These are some of the key Muslim Association of Britain leaders over time: Kemal Helbawy, very well known. He was the founder of the association was also the official spokesman of the Muslim Brotherhood in the West. Anas Altikriti whose father is the Iraqi MB very well known in the UK. Mohammad Sawalha former Hamas commander, also a close associate of Anas Altikriti. Azzam Tamimi sometimes described as a Hamas Spokesman. And a less known Zaher Birawi, a Gaza flotilla and Hamas activist in the UK.

Other UK Muslim Brotherhood organisations this is not by any means and exhaustive list. Just to give you an idea of some of the perhaps better known names. But more important is the chart which I suggest you don’t spend too much time trying to understand because no human being could possibly understand this chart. If you want to take anything away from it, if you look up at the upper left you have the country of Turkey, on the right you have Qatar and on the bottom you have UK and you also have a lot of UK flags. What this should tell you is that as far as the Palestinian brotherhood or the Hamas, depending on how you like to refer to it, it is being sponsored as I see it Turkey and Qatar at this point, with its command and control largely in UK. In Qatar, Qatar charity has come to our attention as being a larger group that’s probably more important that I thought previously and there is a lot of transparency shenanigans going on in its UK office, which was open in 2014. I can’t really get into that, cause that gonna be hopefully the subject of a media article shortly.

Britain has been the command and headquarters for this network for a very long time. We are hoping now that with Theresa May as your new Prime Minister, a woman who understands the subject very well, and a new home secretary they will take the opportunity to take yet another look and see what can be done about doing something to dismantle this network. We will see.

You need to understand the difference between how academics, mostly political scientists, and investigators like me approach the brotherhood, because until you do that you won’t be able to understand why I have such a different take on this network. As this slide shows the academic side seem to live in two different worlds. We look at something and we come out with completely different explanations. Why is that? Just to give you some examples. This is a description of the global Muslim Brotherhood network from Nathan Brown a very prominent political scientist in the United States, where he says: ‘they are basically a group of loosely linked ideological similar movements that swap stories, experience occasional meetings and subscribe happily to an international ideology without giving it priority’. Nonsense, makes it sounds like a sowing circle but that is what he says. Dr John Esposito another well-known political scientist in the US, very well-known, what I call, apologist for the Islamist networks and he identifies what he calls Islamic reformers, such as Youssef Qaradawi, famously among those reformers. One of those reformers Youssef Qaradawi once said that there is disagreement about what should be under Islam with homosexuals, some say we should burn them, some say we should through them off the cliff, those seem to be the only choices. He also said that John Kerry was supported by homosexuals and nudists. This is one of the reformers that is presented by John Esposito.
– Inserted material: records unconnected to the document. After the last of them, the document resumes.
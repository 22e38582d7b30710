-- ===== src/Config/Links.antt =====
-- internal/config/config.go: the public URLs of a file. url.PathEscape is a parameter.
use thunder_go.Prelude.{[], ◌∷◌, ◌++◌, ◌==◌, if◌then◌else◌}
use thunder_go.Config.{Config}
use thunder_go.Prelude.Text.{Text, codes}

-- strings.ReplaceAll(filename, "/", "_")
pub without_slashes : Text → Text
without_slashes [] = []
without_slashes (c ∷ s) = (if c == b'/' then b'_' else c) ∷ without_slashes s

module _ (path_escape : Text → Text) where
  escape_file_name : Text → Text
  unfolding without_slashes
  escape_file_name name = path_escape (without_slashes name)

  unfoldable pub file_url : Config → Text → Text → Text
  unfolding escape_file_name
  file_url cfg hash name = cfg.base_url ++ (codes "/f/" ++ (hash ++ (b'/' ∷ escape_file_name name)))

  unfoldable pub file_raw_url : Config → Text → Text → Text
  unfolding escape_file_name
  file_raw_url cfg hash name =
      cfg.base_url ++ (codes "/f/" ++ (hash ++ (b'/' ∷ (escape_file_name name ++ codes "/raw"))))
So why did the discrepancies. Why do political scientists view the world one way and I seem to view it another? And I ask the question ‘who would you hire to catch a cheating spouse?’ That’s of course the fantasy or a stereotype about private investigators do, but it’s a legitimate question. If you hire a political scientist to hire a cheating spouse, he would probably give you a 20 page dissertation on adultery in the modern world. That’s not what you want to understand. You wanna know it he’s cheating on you or not. We use different tools. Investigators you that in my case are 99% open source evidence that are fully sourced. Anybody can check for themselves if it’s true or not. We rely on tools like link analysis charts, which are completely misunderstood, but a valuable tool used by all police and intelligence agencies around the world. We look at what I call large piles of stuff. We look at things like contact information, court records, family relationships, conferences, newspaper articles. Almost anything that’s pertinent to the subject.

One of the things that investigators look at is something like this, which is a spreadsheet, about what I say the US Muslim brotherhood that supposedly doesn’t exist, but the spreadsheet was found outlining all the various committees of the US Muslim Brotherhood and who was in charge of them. And where the spreadsheet was found and by whom? It was found in the barbeque of one of the suspects in a well-known trial of Hamas operatives in the United States and they were attempting to burn the evidence when the FBI came in and seized it from the barbeque. and it was not seized by the political scientists, but seized by investigators. What do political scientists look at? and this always makes political scientists look a little angry, I don’t blame them and in the last conference there were lots of them in the room and they were furious with me, but I said: generally they seem to rely on interviews with people who, I conclude, are probably lying to them. And in any case I have yet to see the transcripts of the interviews that are made so I cannot judge for myself what’sbeing reported to me. I only have a second hand interpretation of what somebody has told allegedly to them. We also have to recognise there is a large degree of political correctness operating in the world and in the part of academics, who don’t have to get into that. But being politically correct doesn’t make you write what should be obvious but is not always obvious.

I say investigators are trained to ferret out truth. That’s what we do. We have the tools, we have the training, we have more importantly the attitude to say that people are not always telling the truth and what actually is the truth in this situation where truth is not easy to get at. I know that academics don’t like to hear that, people were furious at me in the last conference why I don’t know, I can imagine it’s a surprise to anybody in the world that people do lie, but it seems to make people very angry.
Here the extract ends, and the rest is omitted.